Training humanoid robots to perform long-horizon, dexterous manipulation tasks requires high-fidelity teleoperation data. While large-scale human video datasets can provide broad motion priors, the critical fine-tuning step depends on robot-specific demonstrations that capture the full complexity of dexterous loco-manipulation.
Conventional VR-based hand tracking is vision-dependent, making it inherently susceptible to occlusion and out-of-view failures. In high-precision manipulation scenarios, these tracking gaps directly degrade data quality and, consequently, model performance.

The USC Physical Superintelligence (PSI) Lab built a single-operator whole-body teleoperation framework that deliberately separates three control streams: upper-body pose tracking, dexterous hand control, andlocomotion commands. Each stream is handled by a dedicated sensing modality.
MANUS gloves handle the dexterous hand control stream exclusively. The setup works as follows:
1. A PICO VR headset and wrist trackers capture head and wrist poses, which are fed into a multi-target inverse kinematics solver to compute arm and torso configurations.
2. MANUS gloves capture fine-grained finger motion from the operator, covering all degrees of freedom of the dexterous hand. The thumb, index finger, and middle finger movements are retargeted to the three-finger Dex3-1 dexterous hands mounted on the Unitree G1 humanoid.
3. Waist and foot trackers provide high-level locomotion commands to a reinforcement learning based lower-body controller.
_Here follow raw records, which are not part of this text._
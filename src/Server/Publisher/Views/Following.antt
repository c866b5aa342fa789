-- ===== src/Server/Publisher/Views/Following.antt =====
-- What one step leaves for a subscriber (server/src/publisher.cpp).
use Prim.Native.String.{String}
use order_book_engine.Prelude.{
  ℕ, ◌+◌, ◌<◌, ◌≤◌, false, Option, none, some, List, [], ◌∷◌, ◌++◌, ◌≡◌, refl, sym, ◌∙◌, arith, inl,
  inr, ◌⊎◌, Bool-cases, Option-cases, ◌==◌, ==_iff, lookup, lookup-insert, append-nil,
}
use order_book_engine.Server.Commands.{Output}
use order_book_engine.Server.Subscription.{FeedItem, EndReason, Subscription, next_for, pop_front}
use order_book_engine.Server.Publisher.{Subscriber, Publisher, handle, read, unsubscribe}
use order_book_engine.Server.Publisher.Consistent.{IsConsistent}
use order_book_engine.Server.Publisher.Consistent.Handling.{handle-IsConsistent, read-IsConsistent}
use order_book_engine.Server.Publisher.Consistent.Dropping.{drop-IsConsistent}
use order_book_engine.Server.Publisher.Replaying.{add_items}
use order_book_engine.Server.Publisher.Views.{shown, after, view}
use order_book_engine.Server.Publisher.Views.Keeping.{drop-Stays}
use order_book_engine.Server.Publisher.Views.Sharing.{handle-Sees}
use order_book_engine.Server.Publisher.Joining.{Request, joined, open_stream}
use order_book_engine.Server.Publisher.Joining.Others.{open_stream-JoinsIn, JoinsIn}
use order_book_engine.Server.Publisher.Recording.Handling.{
  handle-SameRecords, noted-next_id, drop-SameRecords, read-SameRecords,
}
use order_book_engine.Book.State.{word}
use order_book_engine.Server.Publisher.Views.Sessions.{Action, grows, items_of, without_items, act}
use order_book_engine.Server.Publisher.Views.Absent.{HasLeft}

-- What one action leaves for the subscriber `id`, if it is still registered.
abbrev pub Observes :
    ℕ → List Output → Subscriber → Subscription → Option (Publisher × List FeedItem) → Type 0
Observes id outs entry s none = Unit
Observes id outs entry s (some (q, taken)) =
    (later : Subscriber)
    → lookup id q.subscribers ≡ some later
    → (t : Subscription) × (lookup id q.subscriptions ≡ some t)
      × (t.gateway_id ≡ s.gateway_id)
      × (taken ++ t.items ≡ s.items ++ view id s.gateway_id outs entry)

abbrev pub after_action : ℕ → Action → Subscriber → Subscriber
after_action id (Action.handles o) entry = after id o entry
after_action id (Action.reads j) entry = entry
after_action id (Action.leaves j) entry = entry
after_action id (Action.opens x) entry = entry

abbrev pub shown_in : ℕ → String → Action → Subscriber → List FeedItem
shown_in id g (Action.handles o) entry = shown id g o entry
shown_in id g (Action.reads j) entry = []
shown_in id g (Action.leaves j) entry = []
shown_in id g (Action.opens x) entry = []

abbrev pub Follows :
    ℕ → List FeedItem → Subscriber → Subscription → List FeedItem → Publisher → Type 0
Follows id items entry s taken q =
    (lookup id q.subscribers ≡ some entry)
    × (t : Subscription) × (lookup id q.subscriptions ≡ some t)
    × (t.gateway_id ≡ s.gateway_id)
    × (taken ++ t.items ≡ s.items ++ items)

abbrev pub Next :
    ℕ → Action → Subscriber → Subscription → ℕ → Option (Publisher × List FeedItem) → Type 0
Next id a entry s bound none = Unit
Next id a entry s bound (some (q, taken)) =
    IsConsistent q
    × (q.next_id ≤ bound)
    × (HasLeft id q
        ⊎ Follows id (shown_in id s.gateway_id a entry) (after_action id a entry) s taken q)

popped :
    (items : List FeedItem) (s : Subscription)
    → s.items ≡ items
    → let (item, t) = pop_front items s in items_of item ++ t.items ≡ s.items
popped [] s e = refl
popped (x ∷ xs) s e = sym e

pop_front-gateway :
    (items : List FeedItem) (s : Subscription) → (pop_front items s).1.gateway_id ≡ s.gateway_id
pop_front-gateway [] s = refl
pop_front-gateway (x ∷ xs) s = refl

module _ (id : ℕ) (entry : Subscriber) (s : Subscription) (p : Publisher) (c : IsConsistent p)
    (known : lookup id p.subscribers ≡ some entry)
    (found : lookup id p.subscriptions ≡ some s) where
  low : id < p.next_id
  low = c.fresh id entry known

  handles-Next :
      (o : Output) → Next id (Action.handles o) entry s (p.next_id + 0) (without_items (handle o p))
  handles-Next o =
      let (q, done, d) = handle-IsConsistent o p c in
      let same : q.next_id ≡ p.next_id = (handle-SameRecords o p q done).1 ∙ noted-next_id o p in
      rw done (
        d,
        omega (arith, same),
        elim (Option-cases (lookup id q.subscribers)) [
          | inl gone ↦ inl (gone, omega (arith, same, low))
          | inr (later, there) ↦
              let (kept, has) = handle-Sees id entry s p later c known found o q done there in
              inr (rw (← kept) there, add_items (shown id s.gateway_id o entry) s, has, refl, refl)
        ],
      )

  reads-Next :
      (j : ℕ) → Next id (Action.reads j) entry s (p.next_id + 0) (act id (Action.reads j) p)
  unfolding act read
  reads-Next j = (
    read-IsConsistent j p c,
    omega (arith, (read-SameRecords j p).1),
    inr (elim (Bool-cases (id == j)) [
      | inl same ↦
          let ids : j ≡ id = sym ((==_iff id j).0 same) in
          let mine : lookup j p.subscriptions ≡ some s = rw ids found in
          let t = (next_for s).1 in
          rw (same, mine)
            (
              known,
              t,
              lookup-insert j id t p.subscriptions ∙ rw same refl,
              pop_front-gateway s.items s,
              popped s.items s refl ∙ sym (append-nil s.items),
            )
      | inr other ↦ elim (Option-cases (lookup j p.subscriptions)) [
        | inl e ↦ rw (other, e) (known, s, found, refl, sym (append-nil s.items))
        | inr (u, e) ↦
            rw (other, e)
              (
                known,
                s,
                lookup-insert j id (next_for u).1 p.subscriptions ∙ rw other found,
                refl,
                sym (append-nil s.items),
              )
      ]
    ]),
  )

  leaves-Next :
      (j : ℕ) → Next id (Action.leaves j) entry s (p.next_id + 0) (act id (Action.leaves j) p)
  unfolding act
  leaves-Next j =
      let same = (drop-SameRecords j EndReason.unsubscribed p).1 in
      (
        drop-IsConsistent j EndReason.unsubscribed p c,
        omega (arith, same),
        elim (Option-cases (lookup id (unsubscribe j p).subscribers)) [
          | inl gone ↦ inl (gone, omega (arith, same, low))
          | inr (later, there) ↦
              let (away, (still, kept)) =
                drop-Stays j id EndReason.unsubscribed p s later found there in
              let entries : later ≡ entry = ground (arith, still, known) in
              inr (rw (← entries) there, s, kept, refl, sym (append-nil s.items))
        ],
      )

  joined-Next :
      (x : Request) (o : Option Publisher)
      → JoinsIn p o
      → Next id (Action.opens x) entry s (p.next_id + 1) (without_items o)
  joined-Next x none h = tt
  joined-Next x (some q) h =
      let away : (id == p.next_id) ≡ false = ground (arith, low) in
      (
        h.consistent,
        elim h.number [ inl same ↦ omega (arith, same) | inr next ↦ omega (arith, next) ],
        inr (
          h.subscribers id away ∙ known,
          s,
          h.subscriptions id away ∙ found,
          refl,
          sym (append-nil s.items),
        ),
      )

pub act-Next :
    (id : ℕ) (entry : Subscriber) (s : Subscription) (a : Action) (p : Publisher)
    → IsConsistent p
    → lookup id p.subscribers ≡ some entry
    → lookup id p.subscriptions ≡ some s
    → p.next_id + grows a < word
    → Next id a entry s (p.next_id + grows a) (act id a p)
unfolding act
act-Next id entry s (Action.handles o) p c known found left =
    handles-Next id entry s p c known found o
act-Next id entry s (Action.reads j) p c known found left = reads-Next id entry s p c known found j
act-Next id entry s (Action.leaves j) p c known found left =
    leaves-Next id entry s p c known found j
act-Next id entry s (Action.opens x) p c known found left =
    joined-Next id entry s p c known found x (joined (open_stream x p))
      (open_stream-JoinsIn x p c left)
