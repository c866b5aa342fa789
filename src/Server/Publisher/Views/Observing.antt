-- ===== src/Server/Publisher/Views/Observing.antt =====
-- Every subscriber reads its view (server/src/publisher.cpp).
use Prim.Native.String.{String}
use order_book_engine.Prelude.{
  ℕ, ◌+◌, ◌<◌, Option, none, some, List, [], ◌∷◌, ◌++◌, ◌≡◌, refl, sym, ap, subst, ◌∙◌, arith, inl,
  inr, lookup, append_assoc, append-nil,
}
use order_book_engine.Server.Subscription.{FeedItem, Subscription}
use order_book_engine.Server.Publisher.{Subscriber, Publisher}
use order_book_engine.Server.Publisher.Consistent.{IsConsistent}
use order_book_engine.Server.Publisher.Views.{view}
use order_book_engine.Server.Publisher.Views.Sessions.{
  Action, outputs_of, opens_in, grows, with_items, and_go_on, act, act_all,
}
use order_book_engine.Book.State.{word}
use order_book_engine.Server.Publisher.Views.Absent.{IsAbsentAfter, act_all-IsAbsentAfter}
use order_book_engine.Server.Publisher.Views.Following.{
  Observes, after_action, shown_in, Next, act-Next,
}

view_action :
    (id : ℕ) (g : String) (a : Action) (acts : List Action) (entry : Subscriber)
    → view id g (outputs_of (a ∷ acts)) entry
      ≡ shown_in id g a entry ++ view id g (outputs_of acts) (after_action id a entry)
view_action id g (Action.handles o) acts entry = refl
view_action id g (Action.reads j) acts entry = refl
view_action id g (Action.leaves j) acts entry = refl
view_action id g (Action.opens x) acts entry = refl

absent-Observes :
    (id : ℕ) (acts : List Action) (entry : Subscriber) (s : Subscription) (items : List FeedItem)
    (o : Option (Publisher × List FeedItem))
    → IsAbsentAfter id o
    → Observes id (outputs_of acts) entry s (with_items items o)
absent-Observes id acts entry s items none h = tt
absent-Observes id acts entry s items (some (q, more)) h =
    λ later there. absurd (ground (arith, h, there))

join_items :
    (items more old after new shown rest : List FeedItem)
    → items ++ old ≡ new ++ shown
    → more ++ after ≡ old ++ rest
    → (items ++ more) ++ after ≡ new ++ (shown ++ rest)
join_items items more old after new shown rest e f =
    append_assoc items more after
    ∙ ap (λ xs. items ++ xs) f
    ∙ sym (append_assoc items old rest)
    ∙ ap (λ xs. xs ++ rest) e
    ∙ append_assoc new shown rest

later-Observes :
    (id : ℕ) (a : Action) (acts : List Action) (entry : Subscriber) (s t : Subscription)
    (items : List FeedItem) (o : Option (Publisher × List FeedItem))
    → t.gateway_id ≡ s.gateway_id
    → items ++ t.items ≡ s.items ++ shown_in id s.gateway_id a entry
    → Observes id (outputs_of acts) (after_action id a entry) t o
    → Observes id (outputs_of (a ∷ acts)) entry s (with_items items o)
later-Observes id a acts entry s t items none g e h = tt
later-Observes id a acts entry s t items (some (q, more)) g e h = λ later there.
    let (u, has, name, f) = h later there in
    let rest = view id s.gateway_id (outputs_of acts) (after_action id a entry) in
    let f_here : more ++ u.items ≡ t.items ++ rest = rw (← g) f in
    (
      u,
      has,
      name ∙ g,
      join_items items more t.items u.items s.items (shown_in id s.gateway_id a entry) rest e f_here
          ∙ ap (λ xs. s.items ++ xs) (sym (view_action id s.gateway_id a acts entry)),
    )

Next-Observes :
    (id : ℕ) (a : Action) (acts : List Action) (entry : Subscriber) (s : Subscription) (bound : ℕ)
    (o : Option (Publisher × List FeedItem))
    → Next id a entry s bound o
    → bound + opens_in acts < word
    → ((q : Publisher) (x : Subscriber) (t : Subscription)
        → IsConsistent q
        → lookup id q.subscribers ≡ some x
        → lookup id q.subscriptions ≡ some t
        → q.next_id + opens_in acts < word
        → Observes id (outputs_of acts) x t (act_all id acts q))
    → Observes id (outputs_of (a ∷ acts)) entry s (and_go_on o (act_all id acts))
Next-Observes id a acts entry s bound none h left next = tt
Next-Observes id a acts entry s bound (some (q, items)) (c, few, inl gone) left next =
    absent-Observes id (a ∷ acts) entry s items (act_all id acts q)
      (act_all-IsAbsentAfter id acts q gone (omega (arith, left, few)))
Next-Observes id a acts entry s bound (some (q, items)) (c, few, inr (known, t, found, g, e)) left
      next =
    later-Observes id a acts entry s t items (act_all id acts q) g e
      (next q (after_action id a entry) t c known found (omega (arith, left, few)))

act_all-Observes :
    (acts : List Action) (id : ℕ) (p : Publisher) (entry : Subscriber) (s : Subscription)
    → IsConsistent p
    → lookup id p.subscribers ≡ some entry
    → lookup id p.subscriptions ≡ some s
    → p.next_id + opens_in acts < word
    → Observes id (outputs_of acts) entry s (act_all id acts p)
unfolding act_all
act_all-Observes [] id p entry s c known found left =
    λ later there. (s, found, refl, sym (append-nil s.items))
act_all-Observes (a ∷ acts) id p entry s c known found left =
    Next-Observes id a acts entry s (p.next_id + grows a) (act id a p)
      (act-Next id entry s a p c known found (omega (arith, left))) (omega (arith, left))
      (λ q x t d here has few. act_all-Observes acts id q x t d here has few)

-- On a publisher whose maps agree, whatever outputs it handles and whichever streams read, leave or are
-- opened in between, while ids do not overflow, a subscriber that is still registered at the end has read, or has still in its queue, what
-- was in its queue and then exactly its view of the outputs: the events of its live symbols from the
-- number on that it starts with, the snapshots that it waits for, each of which makes its symbol live,
-- and the replies to its gateway if it is a subscriber of replies.
pub act_all-view :
    (acts : List Action) (id : ℕ) (p q : Publisher) (entry later : Subscriber) (s : Subscription)
    (taken : List FeedItem)
    → IsConsistent p
    → lookup id p.subscribers ≡ some entry
    → lookup id p.subscriptions ≡ some s
    → p.next_id + opens_in acts < word
    → act_all id acts p ≡ some (q, taken)
    → lookup id q.subscribers ≡ some later
    → (t : Subscription) × (lookup id q.subscriptions ≡ some t)
      × (t.gateway_id ≡ s.gateway_id)
      × (taken ++ t.items ≡ s.items ++ view id s.gateway_id (outputs_of acts) entry)
act_all-view acts id p q entry later s taken c known found left done there =
    let h = act_all-Observes acts id p entry s c known found left in
    subst (λ o. Observes id (outputs_of acts) entry s o) done h later there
By pairing MANUS gloves with the PICO wrist trackers, the team obtained complete and reliable hand and wrist end-effector poses without depending on vision-based VR hand tracking. As the authors state in the paper:
"This design avoids common occlusion and out-of-view issues and provides more precise hand pose estimation for whole-body dexterous manipulation."

The quality of the in-domain teleoperation data directly determines how well the Ψ₀ action expert fine-tunes to specific tasks. The paper's three-stage training recipe makes this dependency explicit:
1. The VLM backbone is pre-trained on ~829 hours of human egocentric video (EgoDex) to learn broad visual-action representations.
2. A flow-based multimodal diffusion transformer (MM-DiT) action expert is post-trained on the Humanoid Everyday dataset: ~31 hours of real-world humanoid robot data.
3. The action expert is fine-tuned on 80 teleoperated demonstrations per task, collected using the system described above.
Because the third stage relies entirely on the teleoperated dataset, accurate finger tracking at data collection time has a direct upstream effect on manipulation performance at deployment. Tasks such as turning a faucet with a single finger, pulling a tray from a chip can, or stabilizing a bowl during wiping require high precision in hand pose — the kind of accuracy that vision-based tracking cannot consistently provide.
Ψ₀ was evaluated on eight real-world long-horizon loco-manipulation tasks, each comprising three to five sequential sub-tasks involving grasping, pouring, rotating, walking, squatting, carrying, pushing, and pulling. The model outperformed all baselines including GR00T N1.6, π0.5,EgoVLA, H-RDT, Diffusion Policy, and ACT, achieving an average overall success rate more than 40% higher than the second-best baseline, GR00T N1.6, despite using roughly one-tenth of the total training data.
The authors attribute this result to their staged training paradigm and data quality: scaling the right data in the right way, rather than simply accumulating more. The teleoperation pipeline, with MANUS gloves as the finger-tracking layer, is a direct contributor to that data quality.